I managed to slip on the tiles on my back verandah - slammed my right leg into the door jamb and whooee - I heard the snaps and felt the pain.  My ankle was sitting at a weird angle and my foot seemed to be upside down.  Managed to crawl to the phone to call the ambulance - they took a half hour to arrive - then it was a paramedic in a car - he called an ambulance to take me to hospital - another half hour,  but the paramedic had given me some morphine,  so I wasn't feeling so much pain.  I know I was given more morphine before I was moved,  and I don't really remember too much what happened next,  until I woke up in a hospital bed. 

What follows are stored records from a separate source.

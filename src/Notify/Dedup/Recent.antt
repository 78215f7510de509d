-- ===== src/Notify/Dedup/Recent.antt =====
-- How long an accepted id is remembered: at least through the next half of the cap.
use edge_sync.Base.{
  member, ℕ, zero, suc, ◌+◌, ◌/◌, ◌≤◌, ◌≡◌, refl, ap, ◌∙◌, inl, inr, List, [], ◌∷◌, ◌++◌, true,
  false, length, length-append, drop, ltb, ltb→lt, Text, arith, Bool-cases, append_assoc,
}
use edge_sync.Notify.Dedup.{Subscriber, remember, is_duplicate_at, run}
use edge_sync.Notify.Dedup.Window.{
  IsWindow, member-append, is_duplicate_at_old, is_duplicate_at_new, is_duplicate_at-IsWindow,
  run-IsWindow,
}

-- At most `k` ids were accepted after `id`.
abbrev pub IsRecent : Text → ℕ → Subscriber → Type 0
IsRecent id k s =
    (older : List Text) × (newer : List Text) × (s.seen_order ≡ older ++ id ∷ newer)
    × (length newer ≤ k)

drop-append : (n : ℕ) (xs ys : List Text) → n ≤ length xs → drop n (xs ++ ys) ≡ drop n xs ++ ys
drop-append zero xs ys h = refl
drop-append (suc n) [] ys h = absurd (omega arith)
drop-append (suc n) (x ∷ xs) ys h = drop-append n xs ys (omega arith)

member-middle : (id : Text) (xs ys : List Text) → member id (xs ++ id ∷ ys) ≡ true
unfolding member
member-middle id xs ys = ground (arith, member-append id xs (id ∷ ys))

module _ (cap : ℕ) (id : Text) where
  remember-IsRecent :
      (k : ℕ) (x : Text) (s : Subscriber)
      → length s.seen_order ≤ cap
      → suc k + (cap + 1) / 2 ≤ cap
      → IsRecent id k s
      → IsRecent id (suc k) (remember cap x s)
  unfolding remember
  remember-IsRecent k x s bounded room (older, newer, e, short) =
      let q : s.seen_order ++ x ∷ [] ≡ older ++ (id ∷ (newer ++ x ∷ [])) =
        ap (λ l. l ++ x ∷ []) e ∙ append_assoc older (id ∷ newer) (x ∷ []) in
      let len : length (s.seen_order ++ x ∷ []) ≡ length s.seen_order + 1 =
        length-append s.seen_order (x ∷ []) in
      let parts : length s.seen_order ≡ length older + suc (length newer) =
        ap length e ∙ length-append older (id ∷ newer) in
      let last : length (newer ++ x ∷ []) ≤ suc k = omega (arith, length-append newer (x ∷ [])) in
      elim (Bool-cases (ltb cap (length (s.seen_order ++ x ∷ [])))) [
        | inl full ↦
            let half = length (s.seen_order ++ x ∷ []) / 2 in
            let fits : half ≤ length older = omega (arith, ltb→lt cap _ full) in
            (
              drop half older,
              newer ++ x ∷ [],
              rw (full, remember) (ap (drop half) q ∙ drop-append half older _ fits),
              last,
            )
        | inr room' ↦ (older, newer ++ x ∷ [], rw (room', remember) q, last)
      ]

  remember_self-IsRecent :
      (s : Subscriber) → length s.seen_order ≤ cap → 1 ≤ cap → IsRecent id 0 (remember cap id s)
  unfolding remember
  remember_self-IsRecent s bounded positive =
      let len : length (s.seen_order ++ id ∷ []) ≡ length s.seen_order + 1 =
        length-append s.seen_order (id ∷ []) in
      elim (Bool-cases (ltb cap (length (s.seen_order ++ id ∷ [])))) [
        | inl full ↦
            let half = length (s.seen_order ++ id ∷ []) / 2 in
            let fits : half ≤ length s.seen_order = omega (arith, ltb→lt cap _ full) in
            (
              drop half s.seen_order,
              [],
              rw (full, remember) (drop-append half s.seen_order (id ∷ []) fits),
              omega arith,
            )
        | inr room ↦ (s.seen_order, [], rw (room, remember), omega arith)
      ]

  IsRecent-mono : (j k : ℕ) (s : Subscriber) → j ≤ k → IsRecent id j s → IsRecent id k s
  IsRecent-mono j k s le (older, newer, e, short) = (older, newer, e, omega arith)

  call-IsRecent :
      (k : ℕ) (x : Text) (s : Subscriber)
      → 1 ≤ cap
      → IsWindow cap s
      → s.dedup ≡ true
      → suc k + (cap + 1) / 2 ≤ cap
      → IsRecent id k s
      → IsRecent id (suc k) (is_duplicate_at cap x s).1
  call-IsRecent k x s positive w on room h = elim (Bool-cases (member x s.seen)) [
    | inl old ↦
        rw (is_duplicate_at_old cap positive x s w on old)
          (IsRecent-mono k (suc k) s (omega arith) h)
    | inr new ↦
        rw (is_duplicate_at_new cap positive x s w on new)
          (remember-IsRecent k x s w.bounded room h)
  ]

  call_dedup :
      (x : Text) (s : Subscriber) → s.dedup ≡ true → (is_duplicate_at cap x s).1.dedup ≡ true
  unfolding is_duplicate_at remember
  call_dedup x s on = ground arith

  run-IsRecent :
      (ids : List Text) (k : ℕ) (s : Subscriber)
      → 1 ≤ cap
      → IsWindow cap s
      → s.dedup ≡ true
      → k + length ids + (cap + 1) / 2 ≤ cap
      → IsRecent id k s
      → (run cap ids s).dedup ≡ true × IsRecent id (k + length ids) (run cap ids s)
  unfolding run
  run-IsRecent [] k s positive w on room h = (on, IsRecent-mono k (k + 0) s (omega arith) h)
  run-IsRecent (x ∷ ids) k s positive w on room h =
      let (on', recent) =
        run-IsRecent ids (suc k) (is_duplicate_at cap x s).1 positive
          (is_duplicate_at-IsWindow cap positive x s w) (call_dedup x s on) (omega arith)
          (call-IsRecent k x s positive w on (omega arith) h) in
      (
        on',
        IsRecent-mono (suc k + length ids) (k + suc (length ids))
            (run cap ids (is_duplicate_at cap x s).1) (omega arith) recent,
      )

  accepted_new :
      (s : Subscriber)
      → s.dedup ≡ true
      → (is_duplicate_at cap id s).0 ≡ false
      → member id s.seen ≡ false
  unfolding is_duplicate_at
  accepted_new s on h = ground arith

  -- With a positive cap, in a well-formed state with deduplication on, an id that is accepted as new
  -- is reported as a duplicate again after any further messages, as long as these are no more than
  -- half of the cap (rounded down).
  pub is_duplicate_at_recent :
      (ids : List Text) (s : Subscriber)
      → 1 ≤ cap
      → IsWindow cap s
      → s.dedup ≡ true
      → (is_duplicate_at cap id s).0 ≡ false
      → length ids ≤ cap / 2
      → (is_duplicate_at cap id (run cap ids (is_duplicate_at cap id s).1)).0 ≡ true
  is_duplicate_at_recent ids s positive w on accepted few =
      let s₁ = (is_duplicate_at cap id s).1 in
      let s₂ = run cap ids s₁ in
      let new : member id s.seen ≡ false = accepted_new s on accepted in
      let first : IsRecent id 0 s₁ =
        rw (is_duplicate_at_new cap positive id s w on new)
          (remember_self-IsRecent s w.bounded positive) in
      let w₁ = is_duplicate_at-IsWindow cap positive id s w in
      let (on₂, (older, newer, e, _)) =
        run-IsRecent ids 0 s₁ positive w₁ (call_dedup id s on) (omega arith) first in
      let w₂ = run-IsWindow cap ids s₁ positive w₁ in
      let found : member id s₂.seen ≡ true =
        w₂.agrees id ∙ (ap (member id) e ∙ member-middle id older newer) in
      ap (λ r. r.0) (is_duplicate_at_old cap positive id s₂ w₂ on₂ found)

They weren't able to operate for 6 days - had to wait for the swelling to go down a bit. I'm home now,  in a wheelchair with my leg and ankle in plaster.  Go back to the hospital on Monday to have the stitches removed from where there inserted plates, rods, wires and screws and a review of what they can do next so that I will hopefully get full use of my leg/ankle/foot.  I know there's at least one more operation coming up - I'll probably find out on Monday when that will happen. 

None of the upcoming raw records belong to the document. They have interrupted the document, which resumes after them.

-- ===== src/Notify/JsonFile.antt =====
-- A JSON list in one file of the notify repository, as leaf/agent/notify/token_store.go and
-- device_registry.go keep it. encoding/json is the parameter `Json`; `Io` says whether the read of
-- the file and the commit fail.
use edge_sync.Base.{◌≡◌, List, [], Bool, true, false, Option, none, some, Text, arith}

pub data Error : Type 0 where
  garbled marshal_failed commit_failed name_exists name_unknown token_expired token_unknown : Error

pub data Result {ℓ} (A : Type ℓ) : Type ℓ where
  ok : A → Result A
  err : Error → Result A

infixl 5 ◌>>=◌
abbrev pub ◌>>=◌ {ℓ κ} : {A : Type ℓ} {B : Type κ} → Result A → (A → Result B) → Result B
ok a >>= f = f a
err e >>= f = err e

pub record Io : Type 0 where
  pub read_fails : Bool
  pub commit_fails : Bool

abbrev pub quiet : Io
quiet = record { read_fails = false; commit_fails = false }

pub record Json (A : Type 0) : Type 0 where
  pub encode : List A → Option Text
  pub decode : Text → Option (List A)

-- What was encoded is decoded again.
abbrev pub ReadsBack : {A : Type 0} → Json A → Type 0
ReadsBack {A} j = (xs : List A) → (t : Text) × (j.encode xs ≡ some t) × (j.decode t ≡ some xs)

module _ {A : Type 0} (j : Json A) where
  -- A file that cannot be read counts as an empty list.
  unfoldable pub read_list : Io → Option Text → Result (List A)
  read_list io file = elim io.read_fails [
    | true ↦ ok []
    | false ↦ elim file [
      | none ↦ ok []
      | some text ↦ elim (j.decode text) [ none ↦ err garbled | some xs ↦ ok xs ]
    ]
  ]

  -- The file after the commit.
  unfoldable pub commit_list : Io → List A → Result Text
  commit_list io xs = elim (j.encode xs) [
    | none ↦ err marshal_failed
    | some text ↦ elim io.commit_fails [ true ↦ err commit_failed | false ↦ ok text ]
  ]

  -- The file holds the list.
  abbrev pub Holds : Option Text → List A → Type 0
  Holds file xs = read_list quiet file ≡ ok xs

  -- A commit that goes through is read back.
  pub commit_list-Holds :
      ReadsBack j
      → (io : Io) (xs : List A) → io.commit_fails ≡ false
      → (t : Text) × (commit_list io xs ≡ ok t) × Holds (some t) xs
  unfolding commit_list read_list
  commit_list-Holds back io xs works = let (t, e, d) = back xs in (t, ground arith, ground arith)

  pub read_list-Holds :
      (io : Io) (file : Option Text) (xs : List A)
      → io.read_fails ≡ false
      → Holds file xs
      → read_list io file ≡ ok xs
  unfolding read_list
  read_list-Holds io file xs works h = ground arith
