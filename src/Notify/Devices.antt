-- ===== src/Notify/Devices.antt =====
-- leaf/agent/notify/device_registry.go: the registry of paired devices, keyed by name.
pub mod Registry
use edge_sync.Base.{
  ℕ, List, [], ◌∷◌, ◌++◌, Bool, true, false, ite, Option, if◌then◌else◌, Text, text_eq,
}
use edge_sync.Notify.JsonFile.{
  Io, Json, Result, ok, err, ◌>>=◌, name_exists, name_unknown, read_list, commit_list,
}

pub record Device : Type 0 where
  pub name : Text
  pub endpoint_id : Text
  pub paired_at : ℕ

-- The loop of `AddDevice`: the name is taken.
unfoldable pub has_name : Text → List Device → Bool
has_name n [] = false
has_name n (d ∷ ds) = ite (text_eq d.name n) true (has_name n ds)

-- The loop of `RemoveDevice`: `found`, and the devices with another name.
pub without : Text → List Device → Bool × List Device
without n [] = (false, [])
without n (d ∷ ds) =
    let (found, filtered) = without n ds in
    ite (text_eq d.name n) (true, filtered) (found, d ∷ filtered)

module _ (j : Json Device) (io : Io) where
  pub list_devices : Option Text → Result (List Device)
  list_devices file = read_list j io file

  -- The new content of the file.
  pub add_device : Device → Option Text → Result Text
  add_device dev file = do
    devices ← list_devices file
    if has_name dev.name devices then err name_exists else commit_list j io (devices ++ dev ∷ [])

  pub remove_device : Text → Option Text → Result Text
  remove_device n file = do
    devices ← list_devices file
    let (found, filtered) = without n devices
    if found then commit_list j io filtered else err name_unknown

Meanwhile,  I have plenty of assistance with everything via a Government programme and of course, from my friends.  Hard work getting around in a wheelchair and I can't get outside my house alone because there's steps.


----------



## jrfromafar (Feb 12, 2014)

Oh my !! Story to hear - this is wishing you get back on your feet soon!


----------



## Denise1952 (Feb 12, 2014)

I"m new here GrannyJo, my name is Denise.  I am so sorry to hear about your accident.  It seems like we have to be so careful, and my thought usually is, if I'm spending too much time focusing on being careful, I'm going to have little time left for other things!!  Keep us posted on how you are progressing


----------



## Happyflowerlady (Feb 12, 2014)

Broken legs are SO no fun, Grannyjo ! I had a broken leg from a horseback riding accident, and they had to put the metal braces on to hold it together enough for the wound to heal, then another 6 months in a cast after that. The whole thing was a nightmare, so you have my complete and total sympathy.
I kept my leg elevated as much as possible, but there is still a whole lot of pain and swelling no matter what you do.
Take care, and sending prayers for speedy healing.


----------



## i_am_Lois (Feb 12, 2014)

OUCH!!!

Get better real soon. :flowers:


----------



## DorothyinOz (Feb 12, 2014)

I'm a newbie, but still so sorry to hear of your accident.


----------



## Fern (Feb 12, 2014)

that's nasty, You sure made a good job of it.


----------



## SeaBreeze (Feb 12, 2014)

That sounds terrible Grannyjo, hope you can heal quickly and the pain isn't too severe, warm thoughts being sent your way...hugs. :love_heart:


----------



## Vivjen (Feb 12, 2014)

Do hope you feel better soon; and your leg and ankle heal quickly.


----------



## Jillaroo (Feb 12, 2014)

_Grannyjo i am thinking of you, what an awful thing to happen, i do hope all goes well and that your injuries heal well_


----------



## Jackie22 (Feb 12, 2014)

Many hugs to you, GrannyJo, so sorry to hear this, I hope your recovery goes well.


----------



## Pappy (Feb 12, 2014)

GrannyJo....couldn't find any flowers, so sending you some candy. Feel better soon.:chocolate:


----------



## Warrigal (Feb 12, 2014)

That's really awful, Grannyjo, but the Pollyanna voice in my head is saying that in lots of ways you have been lucky in that you were able to get to the phone to summon help.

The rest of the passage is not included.